(DATA TO USE Opens)

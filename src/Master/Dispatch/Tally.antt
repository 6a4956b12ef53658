-- ===== src/Master/Dispatch/Tally.antt =====
-- What waits and is in flight, and the sessions, under dispatching.
use native.Mathlib.Decide.{ℕ_discrete}
use log_grid.Base.{
  Bool-cases, List, Option, Option-cases, [], ap, arith, inl, inr, length, none, refl, some, subst,
  suc, sum_by, zero, ℕ, ◌%◌, ◌+◌, ◌<◌, ◌^◌, ◌∙◌, ◌∷◌, ◌≡◌, ◌≢◌,
}
use log_grid.Base.Assoc.{
  Distinct, Distinct-insert, insert, lookup, lookup-insert, lookup-remove_ne, lookup-remove_self,
  remove, total, total-insert, weight,
}
use log_grid.Protocol.{TaskPayload}
use log_grid.Master.State.{MasterServer, get_or, is_some}
use log_grid.Master.Dispatch.{
  assign_idle_workers, assign_loop, assign_turn, dispatch_next_task, dispatch_pending,
  dispatch_up_to, park_worker, send_task, tasks_of, wake_worker,
}

-- A measure of the tasks of the master, waiting and in flight.
unfoldable pub tally : (TaskPayload → ℕ) → MasterServer → ℕ
tally f s = sum_by f s.pending_tasks + total (total f) s.in_flight_tasks

-- A measure that does not look at the id that a task gets when it is dispatched.
abbrev pub IgnoresId : (TaskPayload → ℕ) → Type 0
IgnoresId f = (t : TaskPayload) (id : ℕ) → f (record t { task_id = id }) ≡ f t

-- Of two states of the master: the second holds the tasks of the first, up to their ids, and its
-- sessions. And the second is in order: a worker has one map of tasks, ids that are to come are not
-- in flight, and there are ids left for all that waits.
pub record Sound (from s : MasterServer) : Type 0 where
  pub distinct : Distinct s.in_flight_tasks
  pub fresh : (client id : ℕ) → s.next_task_id < id → lookup id (tasks_of client s) ≡ none
  pub room : s.next_task_id + length s.pending_tasks < 2 ^ 64
  pub same_sessions : s.sessions ≡ from.sessions
  pub same_next : s.next_search_id ≡ from.next_search_id
  pub same_tasks : (f : TaskPayload → ℕ) → IgnoresId f → tally f s ≡ tally f from

-- The part of it that speaks of one state.
abbrev pub InOrder : MasterServer → Type 0
InOrder s = Sound s s

-- In terms of maps: a value that replaces another changes a sum by their difference.
pub get_or-weight :
    (f : TaskPayload → ℕ) (o : Option (List (ℕ × TaskPayload)))
    → total f (get_or o []) ≡ weight (total f) o
get_or-weight f none = refl
get_or-weight f (some ts) = refl

pub tasks_of-insert :
    (client other id : ℕ) (ts : List (ℕ × TaskPayload)) (m : List (ℕ × List (ℕ × TaskPayload)))
    → lookup id ts ≡ none
    → lookup id (get_or (lookup other m) []) ≡ none
    → lookup id (get_or (lookup other (insert client ts m)) []) ≡ none
tasks_of-insert client other id ts m h k = ground (arith, lookup-insert client other ts m)

pub tasks_of-remove :
    (client other id : ℕ) (m : List (ℕ × List (ℕ × TaskPayload)))
    → Distinct m
    → lookup id (get_or (lookup other m) []) ≡ none
    → lookup id (get_or (lookup other (remove client m)) []) ≡ none
tasks_of-remove client other id m d h = elim (ℕ_discrete client other) [
  | yes same ↦
      let gone : lookup other (remove client m) ≡ none =
        subst (λ k. lookup k (remove client m) ≡ none) same (lookup-remove_self client m d) in
      rw gone refl
  | no apart ↦ rw (lookup-remove_ne client other m apart) h
]

tally-send_task :
    (f : TaskPayload → ℕ) (client : ℕ) (front : TaskPayload) (rest : List TaskPayload)
    (s : MasterServer)
    → IgnoresId f
    → s.pending_tasks ≡ front ∷ rest
    → lookup ((s.next_task_id + 1) % 2 ^ 64) (tasks_of client s) ≡ none
    → tally f (send_task client front rest s) ≡ tally f s
unfolding tally send_task
tally-send_task f client front rest s ignores pending fresh =
    let id = (s.next_task_id + 1) % 2 ^ 64 in
    let task = record front { task_id = id } in
    let inner = total-insert f id task (tasks_of client s) in
    let outer =
      total-insert (total f) client (insert id task (tasks_of client s)) s.in_flight_tasks in
    let none_there = ap (weight f) fresh in
    omega (
      arith,
      inner,
      outer,
      none_there,
      ignores front id,
      ap (sum_by f) pending,
      get_or-weight f (lookup client s.in_flight_tasks),
    )

tasks_of-send_task :
    (client other id : ℕ) (front : TaskPayload) (rest : List TaskPayload) (s : MasterServer)
    → id ≢ (s.next_task_id + 1) % 2 ^ 64
    → lookup id (tasks_of other (send_task client front rest s)) ≡ lookup id (tasks_of other s)
unfolding send_task
tasks_of-send_task client other id front rest s h =
    let next = (s.next_task_id + 1) % 2 ^ 64 in
    let task = record front { task_id = next } in
    ground (
      arith,
      lookup-insert client other (insert next task (tasks_of client s)) s.in_flight_tasks,
      lookup-insert next id task (tasks_of client s),
    )

module _ {from : MasterServer} where
  send_task-Sound :
      (client : ℕ) (front : TaskPayload) (rest : List TaskPayload) (s : MasterServer)
      → s.pending_tasks ≡ front ∷ rest
      → Sound from s
      → Sound from (send_task client front rest s)
  send_task-Sound client front rest s pending v =
      let waiting = ap length pending in
      let no_wrap : (s.next_task_id + 1) % 2 ^ 64 ≡ s.next_task_id + 1 = omega (arith, v.room) in
      record {
        distinct = unfold send_task in Distinct-insert client _ s.in_flight_tasks v.distinct;
        fresh = λ c i less.
            let later : (s.next_task_id + 1) % 2 ^ 64 < i = unfold send_task in less in
            tasks_of-send_task client c i front rest s (omega arith) ∙ v.fresh c i (omega arith);
        room = unfold send_task in omega (arith, v.room);
        same_sessions = unfold send_task in v.same_sessions;
        same_next = unfold send_task in v.same_next;
        same_tasks = λ f ignores.
            tally-send_task f client front rest s ignores pending
              (v.fresh client ((s.next_task_id + 1) % 2 ^ 64) (omega arith))
            ∙ v.same_tasks f ignores;
      }

  park_worker-Sound :
      (client : ℕ) (s : MasterServer) → Sound from s → Sound from (park_worker client s)
  unfolding park_worker tally
  park_worker-Sound client s v = elim (Bool-cases (is_some (lookup client s.idle_workers_ids))) [
    | inl parked ↦ rw parked v
    | inr new ↦ rw new (record {
      distinct = v.distinct;
      fresh = v.fresh;
      room = v.room;
      same_sessions = v.same_sessions;
      same_next = v.same_next;
      same_tasks = v.same_tasks;
    })
  ]

  pub dispatch_next_task-Sound :
      (client : ℕ) (s : MasterServer) → Sound from s → Sound from (dispatch_next_task client s).1
  unfolding dispatch_next_task
  dispatch_next_task-Sound client s v =
      elim (Bool-cases (is_some (lookup client s.workers_free_slots))) [
        | inl known ↦ rw known (pending s.pending_tasks refl)
        | inr unknown ↦ rw unknown v
      ]
    where
      pending :
          (tasks : List TaskPayload)
          → s.pending_tasks ≡ tasks
          → Sound from (dispatch_pending client tasks s).1
      pending [] e = park_worker-Sound client s v
      pending (task ∷ rest) e = send_task-Sound client task rest s e v

  pub dispatch_up_to-Sound :
      (n client : ℕ) (s : MasterServer) → Sound from s → Sound from (dispatch_up_to n client s)
  unfolding dispatch_up_to
  dispatch_up_to-Sound zero client s v = v
  dispatch_up_to-Sound (suc n) client s v = elim (Bool-cases (dispatch_next_task client s).0) [
    | inl more ↦ rw more (dispatch_up_to-Sound n client _ (dispatch_next_task-Sound client s v))
    | inr stop ↦ rw stop (dispatch_next_task-Sound client s v)
  ]

  -- The idle queue is no part of what is kept.
  pub idle-Sound :
      (idle : List ℕ) (ids : List (ℕ × Unit {0})) (s : MasterServer)
      → Sound from s
      → Sound from (record s { idle_workers = idle; idle_workers_ids = ids })
  unfolding tally
  idle-Sound idle ids s v = record {
    distinct = v.distinct;
    fresh = v.fresh;
    room = v.room;
    same_sessions = v.same_sessions;
    same_next = v.same_next;
    same_tasks = v.same_tasks;
  }

  pub wake_worker-Sound :
      (worker : ℕ) (others : List ℕ) (s : MasterServer)
      → Sound from s
      → Sound from (wake_worker worker others s)
  unfolding wake_worker
  wake_worker-Sound worker others s v = elim (Option-cases (lookup worker s.workers_free_slots)) [
    | inl gone ↦ rw (gone, wake_worker) (idle-Sound others s.idle_workers_ids s v)
    | inr (threads_count, known) ↦
        rw (known, wake_worker)
          (dispatch_up_to-Sound threads_count worker _
            (idle-Sound others (remove worker s.idle_workers_ids) s v))
  ]

  assign_loop-Sound : (fuel : ℕ) (s : MasterServer) → Sound from s → Sound from (assign_loop fuel s)
  unfolding assign_loop
  assign_loop-Sound zero s v = v
  assign_loop-Sound (suc fuel) s v =
      turn s.idle_workers s.pending_tasks
        (λ w ws. assign_loop-Sound fuel _ (wake_worker-Sound w ws s v))
    where
      turn :
          (idle : List ℕ) (tasks : List TaskPayload)
          → ((w : ℕ) (ws : List ℕ) → Sound from (assign_loop fuel (wake_worker w ws s)))
          → Sound from (assign_turn (assign_loop fuel) idle tasks s)
      turn [] tasks next = v
      turn (w ∷ ws) [] next = v
      turn (w ∷ ws) (t ∷ ts) next = next w ws

  pub assign_idle_workers-Sound :
      (s : MasterServer) → Sound from s → Sound from (assign_idle_workers s)
  unfolding assign_idle_workers
  assign_idle_workers-Sound s v = assign_loop-Sound (suc (length s.idle_workers)) s v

(DATA TO USE Closes)

> _PROBLEM REQUIREMENTS_
Return all lines in the data that include the word "room".

> _SOLUTION BELOW_
  pub room : s.next_task_id + length s.pending_tasks < 2 ^ 64
      let no_wrap : (s.next_task_id + 1) % 2 ^ 64 ≡ s.next_task_id + 1 = omega (arith, v.room) in
        room = unfold send_task in omega (arith, v.room);
      room = v.room;
    room = v.room;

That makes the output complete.